Me, I’m a product of the “before” time.  Back when unbridled exploratory learning was seen as the best learning schools had to offer.  In my days as a student, it was my dream that exploratory learning would become the dominant form of learning, although I understood that, before students could juggle abstract theories and synthesize new possibilities, they had to first master the fundamentals.  And not just reading, writing and ‘rithmetic---  work ethic; humility; curiosity; context.  Most of all, they had to develop an intrinsic love for learning to motivate all of it. 

But I’m digressing.

What “essentials” did we have in the high school classroom in those good ol’ days?  Paper.  Pencils; coloring pencils, if we were lucky.  Raggedy-but-legible books.  Chalkboards; eventually whiteboards.  Not enough computers to go around.  Desks.  Discipline.  Home training.  …Most importantly, discipline and home training.  And with those simple tools, we were able to attain all the education we needed to build the world we now live in. 

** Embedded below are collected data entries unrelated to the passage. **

-- ===== src/Password/Change.antt =====
-- server/password.go: changing one's password, PasswordChange, and changing one that has expired,
-- PasswordExpired. FreeIPA and the session middleware are parameters.
pub mod Steps
pub mod Laws
mod Tests
use mokey.Base.{
  Bool, List, Option, String, concat, if◌then◌else◌, nat_eq, none, not, some, string_eq, ℕ, ◌&&◌,
  ◌==◌,
}
use mokey.Storage.{Storage, Codec}
use mokey.Directory.{User, UserMethods, Response, audit, mail, status}
use mokey.Auth.{
  Session, sess_set, invalidate_user_sessions, int64, session_key_login_time, as_flag, as_text,
  sess_get, session_key_authenticated, session_key_username,
}
use mokey.Auth.SignIn.{
  AuthConfig, AuthService, Middleware, World, emit, establish, signed_in, accepted, denied,
  expired_password, redirect_login, unreachable,
}
use mokey.Sessions.{SessionEntry}
use mokey.Password.{
  PasswordService, SetResult, invalid_password, password_set, policy_refused, set_failed,
}
use mokey.Password.Policy.{PasswordRules, validate_password_change}
use mokey.Password.Elsewhere.{password_elsewhere}
use mokey.Lockout.{pw_policy_show}

-- goipa's answer to `ChangePassword`: done, an IpaError with its message, or another error.
pub data ChangeResult : Type 0 where
  changed : ChangeResult
  turned_down : String → ChangeResult
  unanswered : ChangeResult

pub record ChangeService : Type 1 where
  pub base : PasswordService
  pub change_password : base.State → String → String → String → String → ChangeResult × base.State
  -- Logging in with a password, as FreeIPA stands.
  pub logins : base.State → AuthService

pub record ChangeForm : Type 0 where
  pub password : String
  pub newpassword : String
  pub newpassword2 : String
  pub otp : String

-- What PasswordChange answers: 403, or password.html with what it shows.
pub data ChangeAnswer : Type 0 where
  forbidden : String → ChangeAnswer
  elsewhere_page : String → ChangeAnswer
  form_page : ChangeAnswer
  message_page : String → ChangeAnswer
  success_page : ChangeAnswer

-- What the handlers are given: the storage and its encodings, the session middleware, FreeIPA, and
-- the configuration.
pub record Setting : Type 1 where
  pub Bytes : Type 0
  pub db : Storage Bytes
  pub json : Codec Bytes (List SessionEntry)
  pub ints : Codec Bytes ℕ
  pub fiber : Middleware db.State
  pub service : ChangeService
  pub methods : UserMethods
  pub rules : PasswordRules
  pub cfg : AuthConfig
  pub ad_trust_username : String → Bool
  pub idle_timeout : ℕ

module _ (e : Setting) where
  pub record Site : Type 0 where
    pub world : World e.db.State
    pub dir : e.service.base.State

  -- passwordElsewhere of a user, by the directory's default.
  unfoldable pub managed_by : e.service.base.State → User → String
  unfolding password_elsewhere
  managed_by s user = password_elsewhere user.auth_types (e.service.base.default_auth_types s)

  -- validatePasswordChange, under the policy of the user; without one where it cannot be read.
  unfoldable pub checked : e.service.base.State → User → ChangeForm → Option String
  unfolding pw_policy_show validate_password_change
  checked s user form =
      validate_password_change e.rules form.password form.newpassword form.newpassword2
        user.username (pw_policy_show (e.service.base.policies s) user.username)

  -- The session of the request is kept: its login time is moved to the marker.
  unfoldable pub refresh_session : e.db.State → ℕ → e.db.State
  refresh_session s now = elim (e.fiber.load s now) [
    | none ↦ s
    | some sess ↦ elim (e.fiber.save s now (sess_set sess session_key_login_time (int64 now))) [
      | none ↦ s
      | some s' ↦ s'
    ]
  ]

  -- PasswordChange after FreeIPA has changed the password: the clock is read for the marker, and
  -- again, `later`, for the login time.
  unfoldable pub finish_change : World e.db.State → ℕ → ℕ → User → World e.db.State
  unfolding refresh_session invalidate_user_sessions
  finish_change w now later user =
      let s = invalidate_user_sessions e.db e.ints e.idle_timeout w.store now user.username in
      emit (record w { store = refresh_session s later }) (mail "password-changed" user.username)

  unfoldable pub answer_change : ChangeResult → Site → ℕ → ℕ → User → Site × ChangeAnswer
  unfolding finish_change
  answer_change changed site now later user =
      (record site { world = finish_change site.world now later user }, success_page)
  answer_change (turned_down message) site now later user = (site, message_page message)
  answer_change unanswered site now later user = (site, message_page "account.fatal_system_error")

  -- PasswordChange for the user of the request; none is the GET.
  unfoldable pub password_change : Site → ℕ → ℕ → User → Option ChangeForm → Site × ChangeAnswer
  unfolding answer_change managed_by checked
  password_change site now later user posted =
      let message = managed_by site.dir user in
      if not (message == "")
      then (site, elim posted [ none ↦ elsewhere_page message | some form ↦ forbidden message ])
      else elim posted [
        | none ↦ (site, form_page)
        | some form ↦
            if e.methods.otp_only user && form.otp == ""
            then (site, message_page "otptoken.enter_6_digit_code_help")
            else elim (checked site.dir user form) [
              | some wrong ↦ (site, message_page wrong)
              | none ↦
                  let (result, dir) =
                    e.service.change_password site.dir user.username form.password form.newpassword
                      form.otp in
                  answer_change result (record site { dir = dir }) now later user
            ]
      ]

  -- The end of PasswordExpired: the session is elevated under a new id.
  unfoldable pub elevate :
      AuthService
      → World e.db.State
      → ℕ
      → Session
      → String
      → String
      → SessionEntry
      → World e.db.State × Response
  unfolding establish
  elevate auth w now sess username sid entry = elim (e.fiber.regenerate w.store now sess) [
    | none ↦ (w, status 500 "")
    | some (fresh, s) ↦
        elim (establish e.db e.json e.fiber auth e.cfg e.ad_trust_username (record w { store = s })
          now username (signed_in fresh username sid now) entry) [
            | none ↦ (record w { store = s }, status 500 "")
            | some w' ↦ (
              emit w'
                  (audit "AUDIT User logged in and changed expired password successfully" username),
              status 204 "/",
            )
          ]
  ]

  -- PasswordExpired after FreeIPA has changed the password: a one-time password is used up by now.
  unfoldable pub finish_expired :
      World e.db.State
      → e.service.base.State
      → ℕ
      → Session
      → User
      → ChangeForm
      → SessionEntry
      → World e.db.State × Response
  unfolding elevate invalidate_user_sessions
  finish_expired w dir now sess user form entry =
      let w' =
        emit
          (record w {
            store = invalidate_user_sessions e.db e.ints e.idle_timeout w.store now user.username;
          })
          (mail "password-changed" user.username) in
      if e.methods.otp_only user
      then (
        emit w' (audit "AUDIT User changed expired password successfully" user.username),
        status 204 "/auth/login",
      )
      else elim ((e.service.logins dir).remote_login user.username
          (concat form.newpassword form.otp)) [
            | unreachable ↦ (w', status 500 "")
            | expired_password ↦ (w', status 401 "login.failed")
            | denied ↦ (w', status 401 "login.failed")
            | accepted sid ↦
                if (e.service.logins dir).ping sid
                then elevate (e.service.logins dir) w' now sess user.username sid entry
                else (w', status 401 "account.invalid_credentials")
          ]

  unfoldable pub answer_expired :
      SetResult → Site → ℕ → Session → User → ChangeForm → SessionEntry → Site × Response
  unfolding finish_expired
  answer_expired password_set site now sess user form entry =
      let (w, answer) = finish_expired site.world site.dir now sess user form entry in
      (record site { world = w }, answer)
  answer_expired policy_refused site now sess user form entry =
      (site, status 400 "password.rejected_by_policy")
  answer_expired invalid_password site now sess user form entry =
      (site, status 400 "password.invalid_current")
  answer_expired set_failed site now sess user form entry = (site, status 500 "")

  -- PasswordExpired for a user who may change the password.
  unfoldable pub change_expired :
      Site → ℕ → Session → User → ChangeForm → SessionEntry → Site × Response
  unfolding answer_expired checked
  change_expired site now sess user form entry =
      if e.methods.otp_only user && form.otp == ""
      then (site, status 400 "otptoken.enter_6_digit_code_help")
      else elim (checked site.dir user form) [
        | some wrong ↦ (site, status 400 wrong)
        | none ↦
            let (result, dir) =
              e.service.base.set_password site.dir user.username form.password form.newpassword
                form.otp in
            answer_expired result (record site { dir = dir }) now sess user form entry
      ]

  -- r.redirectLogin
  unfoldable pub turned_away : Site → ℕ → Bool → Site × Response
  unfolding redirect_login
  turned_away site now htmx =
      let (w, answer) =
        redirect_login e.db e.json e.fiber (e.service.logins site.dir) e.cfg e.ad_trust_username
          site.world now htmx in
      (record site { world = w }, answer)

  -- Whose expired password a session may change: the session names the user and is not
  -- authenticated.
  unfoldable pub expired_user : Session → Option String
  unfolding sess_get
  expired_user sess = elim (as_flag (sess_get sess session_key_authenticated)) [
    | none ↦ none
    | some authenticated ↦
        if authenticated then none else as_text (sess_get sess session_key_username)
  ]

  unfoldable pub password_expired : Site → ℕ → ChangeForm → SessionEntry → Bool → Site × Response
  unfolding change_expired expired_user managed_by turned_away
  password_expired site now form entry htmx = elim (e.fiber.load site.world.store now) [
    | none ↦ turned_away site now htmx
    | some sess ↦ elim (expired_user sess) [
      | none ↦ turned_away site now htmx
      | some username ↦ elim (e.service.base.user_show site.dir username) [
        | none ↦ turned_away site now htmx
        | some user ↦
            if not (managed_by site.dir user == "")
            then turned_away site now htmx
            else change_expired site now sess user form entry
      ]
    ]
  ]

(…Yeah, I just gave you a “back in my day” rant; I just turned 32 on May 10th, gotta practice my old geezer-isms.)

Graduating c/o 2001, then becoming a teacher in the 2010’s has been quite an adjustment.  Watching the same school system go from more in-depth subject matter with less technology to less in-depth subject matter with more technology befuddles me. And it’s all because of the rush to satisfy testing requirements.  While technology being applied to education is a good thing, it should not be seen as a replacement for strong learning fundamentals.  If a student body is found to be in need of academic improvement, sure, technology might get their test scores up quickly.  But that’s superficial--- what about improving their study skills?  Getting them out of their element to expose them to more of what’s out there?  Increasing their intrinsic motivations?  What would be our areas of academic focus if we weren’t trying to raise test scores, or trying to seize government funding, or trying to keep the state off our backs? 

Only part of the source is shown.